Nurse Rule, vigilant as ever, was standing with her arms crossed and her buttocks pressed against a front fender of the Olds. The sun’s glare made her broad features appear harsh and vaguely mongoloid, but the combative glint in her eye would have been there even in shadow.
When Carver got close to her he stopped and leaned with both hands on his cane. He didn’t say anything. The drone of insects was loud from the grass beyond the lot.
She said, “May I ask your business here?”
“I suppose so; you’re in charge.”
“I’m surprised to hear you acknowledge that, Mr. Carver. Doesn’t answer my question, though, does it?”
“I came to see Dr. Pauly. He isn’t here.”

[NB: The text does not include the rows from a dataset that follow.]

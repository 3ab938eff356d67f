-- ===== src/Kv/Store/LogStore.antt =====
-- kv/store/logstore.go: a MemStore behind an append-only log. The file is its bytes and the append
-- offset; what the operating system answers to a write enters as an outcome. The lock, the path and
-- read errors are not modelled: a read of the file succeeds.
pub mod Records
pub mod Recovery
pub mod Reopen
pub mod News
pub mod Durable
pub mod Adds
pub mod Crash
use repani.Base.{
  ℕ, zero, suc, ◌+◌, ◌*◌, ◌%◌, ◌^◌, Bool, true, false, not, ◌||◌, ◌&&◌, List, [], ◌∷◌, ◌++◌, length,
  take, drop, replicate, write_at, Bytes, put_le, get_le, ltb, ◌==◌, if◌then◌else◌, compare_bytes,
  is_eq, Option, none, some, Result, ok, err,
}
use repani.Kv.Vault.Sizes.{max_entry_bytes}
use repani.Kv.Vault.Entry.{Entry, EntryError, size, marshal_to, unmarshal_entry}
use repani.Kv.Vault.Ids.{entry_id}
use repani.Kv.Store.Canonical.{has_id}
use repani.Kv.Store.MemStore.{MemStore, new_mem_store, add_locked, has_entry, add as mem_add}

-- "ASCONKVA"
abbrev pub log_magic : Bytes
log_magic = b'A' ∷ b'S' ∷ b'C' ∷ b'O' ∷ b'N' ∷ b'K' ∷ b'V' ∷ b'A' ∷ []

pub record LogFile : Type 0 where
  pub content : Bytes
  pub pos : ℕ

pub record LogStore : Type 0 where
  pub mem : MemStore
  pub file : Option LogFile

pub data LogError : Type 0 where
  bad_magic closed write_failed sync_failed : LogError

-- What the system does with Add's Write and Sync: both succeed; the write fails after `k` bytes; the
-- write succeeds and the sync fails.
pub data WriteOutcome : Type 0 where
  written : WriteOutcome
  torn : ℕ → WriteOutcome
  unsynced : WriteOutcome

-- Write at the offset, which the log keeps at its end.
abbrev pub file_write : Bytes → LogFile → LogFile
file_write buf f = record {
  content = take f.pos f.content ++ (buf ++ drop (f.pos + length buf) f.content);
  pos = f.pos + length buf;
}

-- Truncate and Seek. `cut` is false where the system refuses the truncation, which rollback ignores.
abbrev pub file_truncate : Bool → ℕ → LogFile → LogFile
file_truncate cut off f = record {
  content = if cut then take off f.content else f.content;
  pos = off;
}

module _ (cxof : Bytes → Bytes → Bytes) where
  -- The loop of Add over its arguments: the ids and entries that are new, and the bytes they take.
  unfoldable pub collect :
      List Entry → MemStore → List Bytes → List Bytes → List Entry → ℕ → List Bytes × List Entry × ℕ
  collect [] m seen ids news total = (ids, news, total)
  collect (e ∷ es) m seen ids news total =
      let id = entry_id cxof e in
      let old = has_id id seen || has_entry id m in
      collect es m (if old then seen else id ∷ seen) (if old then ids else ids ++ id ∷ [])
        (if old then news else news ++ e ∷ []) (if old then total else total + (4 + size e))

  -- The loop that adds the committed entries to the memory store, under their ids.
  unfoldable pub add_ids : List Bytes → List Entry → MemStore → MemStore
  add_ids [] es m = m
  add_ids (i ∷ is) [] m = m
  add_ids (i ∷ is) (e ∷ es) m = add_ids is es (add_locked i e m).0

-- The loop that lays the records into the zeroed buffer.
unfoldable pub put_records : List Entry → ℕ → Bytes → Bytes
put_records [] pos buf = buf
put_records (e ∷ es) pos buf =
    let b1 = write_at pos (put_le 4 (size e % 2 ^ 32)) buf in
    let b2 = take (pos + 4) b1 ++ marshal_to e (drop (pos + 4) b1) in
    put_records es (pos + (4 + size e)) b2

-- rollback
unfoldable pub rollback : Bool → ℕ → LogFile → LogFile
rollback cut off f = file_truncate cut off f

-- What one round of replay's loop finds in the bytes not yet read: nothing, an entry whose body has
-- `rec_len` bytes, or anything else, which is an uncommitted tail.
pub data Found : Type 0 where
  at_end torn_tail : Found
  record_of : Entry → ℕ → Found

unfoldable pub parsed_body : ℕ → Result EntryError (Entry × ℕ) → Found
parsed_body rec_len (err x) = torn_tail
parsed_body rec_len (ok (e, consumed)) =
    if not (consumed == rec_len) then torn_tail else record_of e rec_len

-- The round's reads, up to the entry.
unfoldable pub read_record : Bytes → Found
unfolding parsed_body
read_record rest =
    let rec_len = get_le (take 4 rest) in
    if length rest == 0
    then at_end
    else if ltb (length rest) 4
    then torn_tail
    else if rec_len == 0 || ltb max_entry_bytes rec_len
    then torn_tail
    else if ltb (length (drop 4 rest)) rec_len
    then torn_tail
    else parsed_body rec_len (unmarshal_entry (take rec_len (drop 4 rest)))

module _ (cxof : Bytes → Bytes → Bytes) where
  -- The end of Add, on an open file: the write, the sync, and what follows each outcome.
  unfoldable pub commit :
      WriteOutcome
      → Bool
      → List Bytes
      → List Entry
      → Bytes
      → LogFile
      → LogStore
      → LogStore × Result LogError ℕ
  unfolding add_ids rollback
  commit written cut ids news buf f ls = (
    record { mem = add_ids cxof ids news ls.mem; file = some (file_write buf f) },
    ok (length news),
  )
  commit (torn k) cut ids news buf f ls =
      (record ls { file = some (rollback cut f.pos (file_write (take k buf) f)) }, err write_failed)
  commit unsynced cut ids news buf f ls =
      (record ls { file = some (rollback cut f.pos (file_write buf f)) }, err sync_failed)

  -- Add: `outcome` is the system's answer to the write and the sync, `cut` to rollback's truncation.
  unfoldable pub add : WriteOutcome → Bool → List Entry → LogStore → LogStore × Result LogError ℕ
  unfolding collect put_records commit
  add outcome cut entries ls =
      let (ids, news, total) = collect cxof entries ls.mem [] [] [] 0 in
      if length news == 0 then (ls, ok 0) else elim ls.file [
        | none ↦ (ls, err closed)
        | some f ↦ commit outcome cut ids news (put_records news 0 (replicate total 0)) f ls
      ]

  -- The loop of replay over the bytes not yet read: the store, and where to truncate, if anywhere.
  unfoldable pub replay_loop : ℕ → Bytes → ℕ → MemStore → MemStore × Option ℕ
  replay_loop zero rest offset m = (m, some offset)
  replay_loop (suc fuel) rest offset m = elim (read_record rest) [
    | at_end ↦ (m, none)
    | torn_tail ↦ (m, some offset)
    | record_of e rec_len ↦
        replay_loop fuel (drop (4 + rec_len) rest) (offset + (4 + rec_len))
          (mem_add cxof (e ∷ []) m).0
  ]

  -- replay, with truncateTo or the seek to the end. Each round takes bytes, so one more round than the
  -- file is long is enough.
  -- The truncation is one that succeeds: where it fails, replay returns its error and nothing is opened.
  unfoldable pub replay : Bytes → LogStore
  unfolding replay_loop
  replay content =
      let r = replay_loop (suc (length content)) (drop 8 content) 8 new_mem_store in
      record {
        mem = r.0;
        file = some (elim r.1 [
          | none ↦ record { content = content; pos = length content }
          | some offset ↦ file_truncate true offset (record { content = content; pos = 0 })
        ]);
      }

  -- init on an opened file, and with it OpenLogStore.
  unfoldable pub open_log : Bytes → Result LogError LogStore
  open_log content =
      if length content == 0
      then ok
          (record { mem = new_mem_store; file = some (record { content = log_magic; pos = 8 }) })
      else if ltb (length content) (length log_magic)
      then err bad_magic
      else if not (is_eq (compare_bytes (take 8 content) log_magic))
      then err bad_magic
      else ok (replay content)

-- Close
unfoldable pub close : LogStore → LogStore
close ls = record ls { file = none }
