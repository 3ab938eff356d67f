-- ===== src/Kv/Server/Load.antt =====
-- kv/server/server.go: New, with loadPersistedVaults, and DropVaultDir. What reading a directory gives,
-- the parsed record and the opened log, is an argument.
use repani.Base.{
  ℕ, Bool, true, false, not, List, [], ◌∷◌, map, Bytes, if◌then◌else◌, Option, none, some, Result,
  ok, err,
}
use repani.Kv.Vault.Keys.{derive_reg_key, parse_vault_id}
use repani.Kv.Server.Quotas.{Quotas, with_defaults}
use repani.Kv.Server.Record.{VaultRecord, record_time, record_auth_key, ended_record}
use repani.Kv.Server.State.{StoreOps, VaultState, Server, Env, new_vault_state}
use repani.Kv.Server.Lifecycle.{install, sweep_locked}
use repani.Kv.Server.Pushes.{charge}

-- What readRecord finds.
pub data FoundRecord : Type 0 where
  no_record damaged : FoundRecord
  found : VaultRecord → FoundRecord

-- A directory under DataDir; `log` is what OpenLogStore opens in it.
pub record VaultDir (S : Type 0) : Type 0 where
  pub name : Bytes
  pub is_dir : Bool
  pub found_record : FoundRecord
  pub log : Option S

pub record Options : Type 0 where
  pub on_disk : Bool
  pub quotas : Quotas
  pub register_keys : List Bytes
  pub on_push : Bool

module _ {S A : Type 0} (cxof : Bytes → Bytes → Bytes) (ops : StoreOps S A) where
  -- A vault's state that no reference stands for.
  unfoldable pub no_state : VaultState S
  no_state = new_vault_state cxof ops.new_mem [] none

  -- The server of New before it loads. `records` is what is on disk.
  unfoldable pub new_server : Options → List (Bytes × VaultRecord) → Server S
  unfolding no_state
  new_server opt records = record {
    on_disk = opt.on_disk;
    quotas = with_defaults opt.quotas;
    reg_keys = map (derive_reg_key cxof) opt.register_keys;
    on_push = opt.on_push;
    heap = λ ref. no_state;
    next = 0;
    vaults = [];
    revoked = [];
    closing = false;
    records = records;
    pushed = [];
  }

  -- loadPersistedVaults on an opened log. A vault's directory is named by its id, as createVault names
  -- it; a directory whose name spells the id in upper case is not told apart from that one.
  unfoldable pub load_log : Bytes → VaultRecord → Bytes → S → Server S → Server S
  load_log vid r ak ls sv =
      install vid
        (record (new_vault_state cxof ls ak (some vid)) {
          bytes = charge (ops.sorted ls) 0;
          ephemeral = r.ephemeral;
          created = r.created;
        })
        sv

  abbrev pub revoke_id : Bytes → Server S → Server S
  revoke_id vid sv = record sv { revoked = vid ∷ sv.revoked }

  -- loadPersistedVaults on a record that says the vault has not ended.
  unfoldable pub load_live : Bytes → VaultRecord → Option S → Server S → Server S
  unfolding load_log
  load_live vid r log sv = elim (record_auth_key r) [
    | none ↦ revoke_id vid sv
    | some ak ↦ elim log [ none ↦ sv | some ls ↦ load_log vid r ak ls sv ]
  ]

  unfoldable pub load_record : Bytes → FoundRecord → Option S → Server S → Server S
  unfolding load_live
  load_record vid no_record log sv = sv
  load_record vid damaged log sv = revoke_id vid sv
  load_record vid (found r) log sv = elim r.ended [
    | some t ↦ revoke_id vid sv
    | none ↦ load_live vid r log sv
  ]

  -- One round of loadPersistedVaults.
  unfoldable pub load_dir : VaultDir S → Server S → Server S
  unfolding load_record
  load_dir d sv = if not d.is_dir then sv else elim (parse_vault_id d.name) [
    | none ↦ sv
    | some vid ↦ load_record vid d.found_record d.log sv
  ]

  unfoldable pub load_loop : List (VaultDir S) → Server S → Server S
  unfolding load_dir
  load_loop [] sv = sv
  load_loop (d ∷ ds) sv = load_loop ds (load_dir d sv)

  -- loadPersistedVaults, and whether the sweep at its end succeeded.
  unfoldable pub load_persisted_vaults : Env S A → List (VaultDir S) → Server S → Server S × Bool
  unfolding load_loop
  load_persisted_vaults env dirs sv = sweep_locked ops env (load_loop dirs sv)

-- What DropVaultDir can fail with: ErrVaultInUse, or an error of the system.
pub data DropError : Type 0 where
  vault_in_use drop_failed : DropError

-- What opening the log tells: there is none, it opens, another server holds it, or it cannot be read.
pub data LogLock : Type 0 where
  no_log opened locked unreadable : LogLock

-- The switch of DropVaultDir: the record it leaves, if it writes one, and whether the vault had ended.
unfoldable pub drop_record : ℕ → Bytes → FoundRecord → Option (Option VaultRecord × Bool)
drop_record now note damaged = none
drop_record now note no_record = some (
  some (
      ended_record now note (record {
        auth_key = none;
        ephemeral = false;
        created = record_time now;
        ended = none;
        note = none;
      })),
  false,
)
drop_record now note (found r) = elim r.ended [
  | some t ↦ some (none, true)
  | none ↦ some (some (ended_record now note r), false)
]

-- What becomes of DropVaultDir after its switch.
unfoldable pub finish_drop :
    Bool → Bool → Option (Option VaultRecord × Bool) → Option VaultRecord × Result DropError Bool
finish_drop writes removes none = (none, err drop_failed)
finish_drop writes removes (some (none, already)) =
    (none, if removes then ok already else err drop_failed)
finish_drop writes removes (some (some r, already)) =
    if not writes
    then (none, err drop_failed)
    else (some r, if removes then ok already else err drop_failed)

-- DropVaultDir on what the lock and the record answer, and whether the record can be written, its
-- directory made, and the log removed: the record that it writes, if any, and whether the vault had
-- ended before.
unfoldable pub drop_vault_dir :
    ℕ → Bytes → LogLock → FoundRecord → Bool → Bool → Option VaultRecord × Result DropError Bool
unfolding drop_record finish_drop
drop_vault_dir now note locked there writes removes = (none, err vault_in_use)
drop_vault_dir now note unreadable there writes removes = (none, err drop_failed)
drop_vault_dir now note no_log there writes removes =
    finish_drop writes removes (drop_record now note there)
drop_vault_dir now note opened there writes removes =
    finish_drop writes removes (drop_record now note there)
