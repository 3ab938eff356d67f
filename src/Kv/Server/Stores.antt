-- ===== src/Kv/Server/Stores.antt =====
-- The stores behind a vault: a MemStore without a data directory, a LogStore with one. Their answers to
-- an Add are LogStore's: what the system does with the write, and with the truncation of a rollback.
pub mod Fresh
pub mod Lawful
pub mod Weight
use repani.Base.{ℕ, Bool, List, Bytes, Option, none, some, Result, ok, err}
use repani.Kv.Vault.Entry.{Entry}
use repani.Kv.Store.MemStore.{
  MemStore, new_mem_store, has_entry, len, sorted, entries_after, set_hash, add as mem_add,
}
use repani.Kv.Store.LogStore.{LogStore, LogError, WriteOutcome, close, add as log_add}
use repani.Kv.Server.State.{StoreOps}

pub data VaultStore : Type 0 where
  memory : MemStore → VaultStore
  logged : LogStore → VaultStore

abbrev pub mem_of : VaultStore → MemStore
mem_of (memory m) = m
mem_of (logged ls) = ls.mem

abbrev pub with_mem : MemStore → VaultStore → VaultStore
with_mem m (memory _) = memory m
with_mem m (logged ls) = logged (record ls { mem = m })

abbrev pub count_of : Result LogError ℕ → Option ℕ
count_of (ok n) = some n
count_of (err e) = none

unfoldable pub vault_close : VaultStore → VaultStore
vault_close (memory m) = memory m
vault_close (logged ls) = logged (close ls)

module _ (cxof : Bytes → Bytes → Bytes) where
  unfoldable pub vault_add : WriteOutcome × Bool → List Entry → VaultStore → VaultStore × Option ℕ
  vault_add a es (memory m) = let r = mem_add cxof es m in (memory r.0, some r.1)
  vault_add a es (logged ls) = let r = log_add cxof a.0 a.1 es ls in (logged r.0, count_of r.1)

  abbrev pub vault_ops : StoreOps VaultStore (WriteOutcome × Bool)
  vault_ops = record {
    new_mem = memory new_mem_store;
    has = λ id s. has_entry id (mem_of s);
    len = λ s. len (mem_of s);
    sorted = λ s. sorted (mem_of s);
    add = vault_add;
    set_hash = λ s. (let r = set_hash cxof (mem_of s) in (with_mem r.0 s, r.1));
    entries_after = λ ts id budget s. entries_after ts id budget (mem_of s);
    close = vault_close;
  }

  abbrev pub held_in : VaultStore → List Entry
  held_in s = (mem_of s).entries
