-- ===== src/Tests/Strings.antt =====
-- The bloom filter on a small server.
use crawler.Base.{ℕ, ◌+◌, ◌≡◌, refl, Bool, true, false, List, [], ◌∷◌, length}
use crawler.Bloom.{seen, check_failed, bloom_set, bloom_check}
use crawler.Bloom.Member.{put_all, bloom_check-bloom_set}
use crawler.Bloom.Errors.{bloom_set_refused}
use crawler.Samples.BitServer.{bit_server, bit_server-IsRedis, bit_server-Answers, error_server}

abbrev pub weigh : List ℕ → ℕ → ℕ
weigh str seed = length str + seed

abbrev pub no_bit : ℕ → Bool
no_bit g = false

abbrev both_in : ℕ → Bool
both_in =
    put_all bit_server bit_server-IsRedis bit_server-Answers weigh ((1 ∷ []) ∷ [])
      (bloom_set bit_server weigh (7 ∷ 8 ∷ []) no_bit).1

bloom_check-bloom_set_example :
    ((bloom_set bit_server weigh (7 ∷ 8 ∷ []) no_bit).0 ≡ true)
    × (bloom_check bit_server weigh (7 ∷ 8 ∷ []) both_in ≡ (seen, both_in))
bloom_check-bloom_set_example =
    bloom_check-bloom_set bit_server bit_server-IsRedis bit_server-Answers weigh (7 ∷ 8 ∷ [])
      ((1 ∷ []) ∷ []) no_bit

bloom_set_refused_example :
    (bloom_set error_server weigh (7 ∷ []) no_bit ≡ (true, no_bit))
    × (bloom_check error_server weigh (7 ∷ []) no_bit ≡ (check_failed, no_bit))
bloom_set_refused_example = bloom_set_refused error_server weigh (7 ∷ []) no_bit (λ c. refl)
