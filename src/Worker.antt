-- ===== src/Worker.antt =====
-- process_cycle.c: the settings, the seeds, what a worker takes from its queue, and the master. Lua,
-- `fork` and `waitpid` are arguments: what a global holds, and what the calls give. A number of the
-- settings is taken not to be negative.
pub mod Keys
pub mod Takes
pub mod Master
pub mod Start
use crawler.Base.{
  ℕ, zero, suc, ◌+◌, ◌-◌, ◌%◌, Bool, true, false, ◌&&◌, Option, none, some, List, [], ◌∷◌, ◌==◌,
  ltb, if◌then◌else◌,
}
use crawler.Redis.Lists.{
  ListCommand, ListReply, redis_list_length, redis_list_rpush, redis_list_lpop,
}
use crawler.Net.{World}
use crawler.Tree.{TimerTree}
use crawler.Pool.{get_free_connection_n}
use crawler.Dns.Resolver.{HttpUrl, Resolver, dns_query}
use crawler.Dns.Url.{ParsedUrl, NewUrl, no_url, new_url, url_undefined, create_http_url}
use crawler.Parser.Links.{hash_seed, list_key}

-- The value of a global of the settings file, if it is a number.
unfoldable pub get_work_processes : Option ℕ → ℕ
get_work_processes none = 2
get_work_processes (some n) = n

unfoldable pub get_connection_threshold : Option ℕ → ℕ
get_connection_threshold none = 1000
get_connection_threshold (some n) = n

-- The number of the worker a text goes to; a remainder by 0 is undefined.
abbrev pub worker_of : (List ℕ → ℕ → ℕ) → ℕ → List ℕ → Option ℕ
worker_of hash workers url = if workers == 0 then none else some (hash url hash_seed % workers)

module _ {Db : Type 0} (list_command : ListCommand → Db → Option ListReply × Db) where
  abbrev pub seed_pushed : (Db → Option Db) → Bool × Db → Option Db
  seed_pushed rest (false, db) = some db
  seed_pushed rest (true, db) = rest db

  abbrev pub seed_for : List ℕ → Db → (Db → Option Db) → Option ℕ → Option Db
  seed_for url db rest none = none
  seed_for url db rest (some id) =
      seed_pushed rest (redis_list_rpush list_command (list_key id) url db)

  -- `get_url_seed` on the texts of the table `seed`, up to the first value that is none.
  unfoldable pub get_url_seed : (List ℕ → ℕ → ℕ) → ℕ → List (List ℕ) → Db → Option Db
  get_url_seed hash workers [] db = some db
  get_url_seed hash workers (url ∷ urls) db =
      seed_for url db (λ db'. get_url_seed hash workers urls db') (worker_of hash workers url)

  module _ (t : TimerTree) {Set : Type 0} (dns_conn : ℕ)
      (handler : HttpUrl → ℕ → World t.Tree Set → World t.Tree Set)
      (http_parser_parse_url : List ℕ → Option ParsedUrl) where
    -- The server and the resolver; `none` where C leaves open what happens.
    abbrev pub on_new_url :
        ℕ → Bool → Db → Resolver t.Tree Set → NewUrl → Option (Db × Resolver t.Tree Set)
    on_new_url now query_ok db s no_url = some (db, s)
    on_new_url now query_ok db s (new_url url) =
        some (db, (dns_query t dns_conn handler now query_ok url s).1)
    on_new_url now query_ok db s url_undefined = none

    -- `calloc_ok` of the copy of the text, the URL, its buffer and the query.
    abbrev pub on_popped :
        ℕ
        → (ℕ → Bool)
        → Resolver t.Tree Set
        → Option (List ℕ) × Db
        → Option (Db × Resolver t.Tree Set)
    on_popped now calloc_ok s (none, db) = some (db, s)
    on_popped now calloc_ok s (some url, db) =
        on_new_url now (calloc_ok 3) db s
          (create_http_url http_parser_parse_url (calloc_ok 1) (calloc_ok 2) url)

    -- `redis_list_length(key) > 0`, on the 32 bits of an `int`.
    abbrev pub is_positive : Option ℕ → Bool
    is_positive none = false
    is_positive (some n) = ltb 0 n && ltb n 2147483648

    abbrev pub on_length :
        ℕ
        → (ℕ → Bool)
        → List ℕ
        → Resolver t.Tree Set
        → Option ℕ × Db
        → Option (Db × Resolver t.Tree Set)
    on_length now calloc_ok key s (length, db) =
        if is_positive length
        then on_popped now calloc_ok s (redis_list_lpop list_command (calloc_ok 0) key db)
        else some (db, s)

    -- The start of a round of `work_process_cycle(n)`: one URL is taken, if there are connections.
    unfoldable pub take_url :
        ℕ → ℕ → (ℕ → Bool) → ℕ → Db → Resolver t.Tree Set → Option (Db × Resolver t.Tree Set)
    take_url threshold now calloc_ok n db s =
        if ltb threshold (get_free_connection_n s.world)
        then on_length now calloc_ok (list_key n) s (redis_list_length list_command (list_key n) db)
        else some (db, s)

    -- `work_process_cycle` from its loop on: `signals` says for each round whether `crawler_quit` is
    -- set when it starts, and `events` is `event_process` and `event_expire_timers` of the round.
    -- The worker runs as long as the list does, or until it quits.
    unfoldable pub work_rounds :
        ℕ
        → (ℕ → ℕ)
        → (ℕ → ℕ → Bool)
        → (ℕ → Db × Resolver t.Tree Set → Option (Db × Resolver t.Tree Set))
        → ℕ
        → ℕ
        → List Bool
        → Db × Resolver t.Tree Set
        → Option (Db × Resolver t.Tree Set)
    work_rounds threshold clock calloc_ok events n round [] x = some x
    work_rounds threshold clock calloc_ok events n round (quit ∷ signals) x =
        if quit
        then some x
        else and_then
            (and_then (take_url threshold (clock round) (calloc_ok round) n x.0 x.1) (events round))
            (λ y. work_rounds threshold clock calloc_ok events n (suc round) signals y)
      where
        and_then :
            Option (Db × Resolver t.Tree Set)
            → (Db × Resolver t.Tree Set → Option (Db × Resolver t.Tree Set))
            → Option (Db × Resolver t.Tree Set)
        and_then none f = none
        and_then (some y) f = f y
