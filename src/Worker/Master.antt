-- ===== src/Worker/Master.antt =====
-- process_cycle.c: `start_work_processes` as the master runs it, and its signals. `fork`, the signals
-- that `sigsuspend` waits for and what `waitpid` finds are arguments; a worker does not come back
-- from `work_process_cycle`. What is only printed is left out.
pub mod Stops
use crawler.Base.{
  ℕ, zero, suc, Bool, true, false, ◌&&◌, Option, none, some, List, [], ◌∷◌, ◌++◌, ◌==◌,
  if◌then◌else◌,
}

-- 0; -1 with EINTR, with ECHILD or with another error; or the process that has exited.
pub data WaitPid : Type 0 where
  none_ready wait_interrupted no_child wait_error : WaitPid
  exited : ℕ → WaitPid

abbrev pub is_pid : ℕ → Option ℕ → Bool
is_pid pid none = false
is_pid pid (some p) = p == pid

-- The loop over `work_processes_pid`: the place of a process, or the number of places.
unfoldable pub index_of : ℕ → List (Option ℕ) → ℕ
index_of pid [] = 0
index_of pid (p ∷ pids) = if is_pid pid p then 0 else suc (index_of pid pids)

-- The processes that are reported, with their places, and what `waitpid` has still to find.
unfoldable pub crawler_process_get_status :
    List (Option ℕ) → List WaitPid → List (ℕ × ℕ) × List WaitPid
crawler_process_get_status pids [] = ([], [])
crawler_process_get_status pids (wait_interrupted ∷ w) = crawler_process_get_status pids w
crawler_process_get_status pids (exited pid ∷ w) =
    let (seen, left) = crawler_process_get_status pids w in
    (((index_of pid pids, pid) ∷ seen), left)
crawler_process_get_status pids (_ ∷ w) = ([], w)

pub data Signal : Type 0 where
  sigint sigchld : Signal

-- `work_processes_pid`, in which `none` is -1, `crawler_quit`, and the processes that were reported.
pub record MasterState : Type 0 where
  pub work_processes_pid : List (Option ℕ)
  pub crawler_quit : Bool
  pub reported : List (ℕ × ℕ)
  pub waiting : List WaitPid

unfoldable pub crawler_signal_handler : Signal → MasterState → MasterState
crawler_signal_handler sigint m = record m { crawler_quit = true }
crawler_signal_handler sigchld m =
    let (seen, left) = crawler_process_get_status m.work_processes_pid m.waiting in
    record m { reported = m.reported ++ seen; waiting = left }

-- -1 before the first `fork`; -1 where a `fork` fails, with the array; 0, with the arguments of
-- `kill`; or the master waits for a signal.
pub data MasterEnd : Type 0 where
  not_started : MasterEnd
  fork_failed : List (Option ℕ) → MasterEnd
  stopped : List (Option ℕ) → MasterState → MasterEnd
  suspended : MasterState → MasterEnd

abbrev pub no_pids : ℕ → List (Option ℕ)
no_pids zero = []
no_pids (suc n) = none ∷ no_pids n

unfoldable pub set_pid : ℕ → ℕ → List (Option ℕ) → List (Option ℕ)
set_pid i pid [] = []
set_pid zero pid (p ∷ pids) = some pid ∷ pids
set_pid (suc i) pid (p ∷ pids) = p ∷ set_pid i pid pids

-- The loop that forks, from place i on; whether each call succeeded.
abbrev pub on_fork :
    (List (Option ℕ) → Bool × List (Option ℕ))
    → ℕ
    → List (Option ℕ)
    → Option ℕ
    → Bool × List (Option ℕ)
on_fork rest i pids none = (false, pids)
on_fork rest i pids (some pid) = rest (set_pid i pid pids)

unfoldable pub fork_loop : (ℕ → Option ℕ) → ℕ → ℕ → List (Option ℕ) → Bool × List (Option ℕ)
fork_loop fork zero i pids = (true, pids)
fork_loop fork (suc k) i pids = on_fork (λ pids'. fork_loop fork k (suc i) pids') i pids (fork i)

-- `work_processes_pid[i]`, for a place in the array.
unfoldable pub pid_at : ℕ → List (Option ℕ) → Option ℕ
pid_at i [] = none
pid_at zero (p ∷ pids) = p
pid_at (suc i) (p ∷ pids) = pid_at i pids

-- The loop that calls `kill`, for k places from place i on: the numbers that are given to it.
unfoldable pub kill_loop : ℕ → ℕ → List (Option ℕ) → List (Option ℕ)
kill_loop zero i pids = []
kill_loop (suc k) i pids = pid_at i pids ∷ kill_loop k (suc i) pids

-- The loop around `sigsuspend`.
unfoldable pub suspend_loop : ℕ → List Signal → MasterState → MasterEnd
suspend_loop work_processes [] m = suspended m
suspend_loop work_processes (x ∷ xs) m =
    let m' = crawler_signal_handler x m in
    let rest = suspend_loop work_processes xs m' in
    if m'.crawler_quit then stopped (kill_loop work_processes 0 m'.work_processes_pid) m' else rest

abbrev pub after_forks : ℕ → List Signal → List WaitPid → Bool × List (Option ℕ) → MasterEnd
after_forks n signals waiting (false, pids) = fork_failed pids
after_forks n signals waiting (true, pids) =
    suspend_loop n signals
      (record { work_processes_pid = pids; crawler_quit = false; reported = []; waiting = waiting })

-- The first argument says whether `sigprocmask`, the two calls of `sigaction` and `malloc` succeed.
unfoldable pub start_work_processes :
    Bool × Bool × Bool × Bool → (ℕ → Option ℕ) → ℕ → List Signal → List WaitPid → MasterEnd
start_work_processes (blocked, on_int, on_chld, memory) fork work_processes signals waiting =
    if blocked && on_int && on_chld && memory
    then after_forks work_processes signals waiting
        (fork_loop fork work_processes 0 (no_pids work_processes))
    else not_started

She stared at him, still with her arms crossed, her blocky body motionless as a rock and firmly rooted as an oak. “Why’d you want to see him?”
“Can’t tell you,” Carver said. “Patient-client stuff.”
“You’re sure you didn’t come here to see Amos Burrel? Or Birdie Reeves?”
“I told you—Dr. Pauly. Know where he is?”
“No. He didn’t phone.”
“Maybe he’s with Raffy Ortiz.”
She shifted away from the car. Lowered her arms to her sides. She was bulky but balanced, ready to move in any direction. “Why do you say that?”
“They know each other, that’s all. How come you object to my talking to Birdie, if there’s nothing outside the rules going on here?”
“It’s for Birdie’s sake.”
“I got a good idea why you might say that. But I don’t believe it.”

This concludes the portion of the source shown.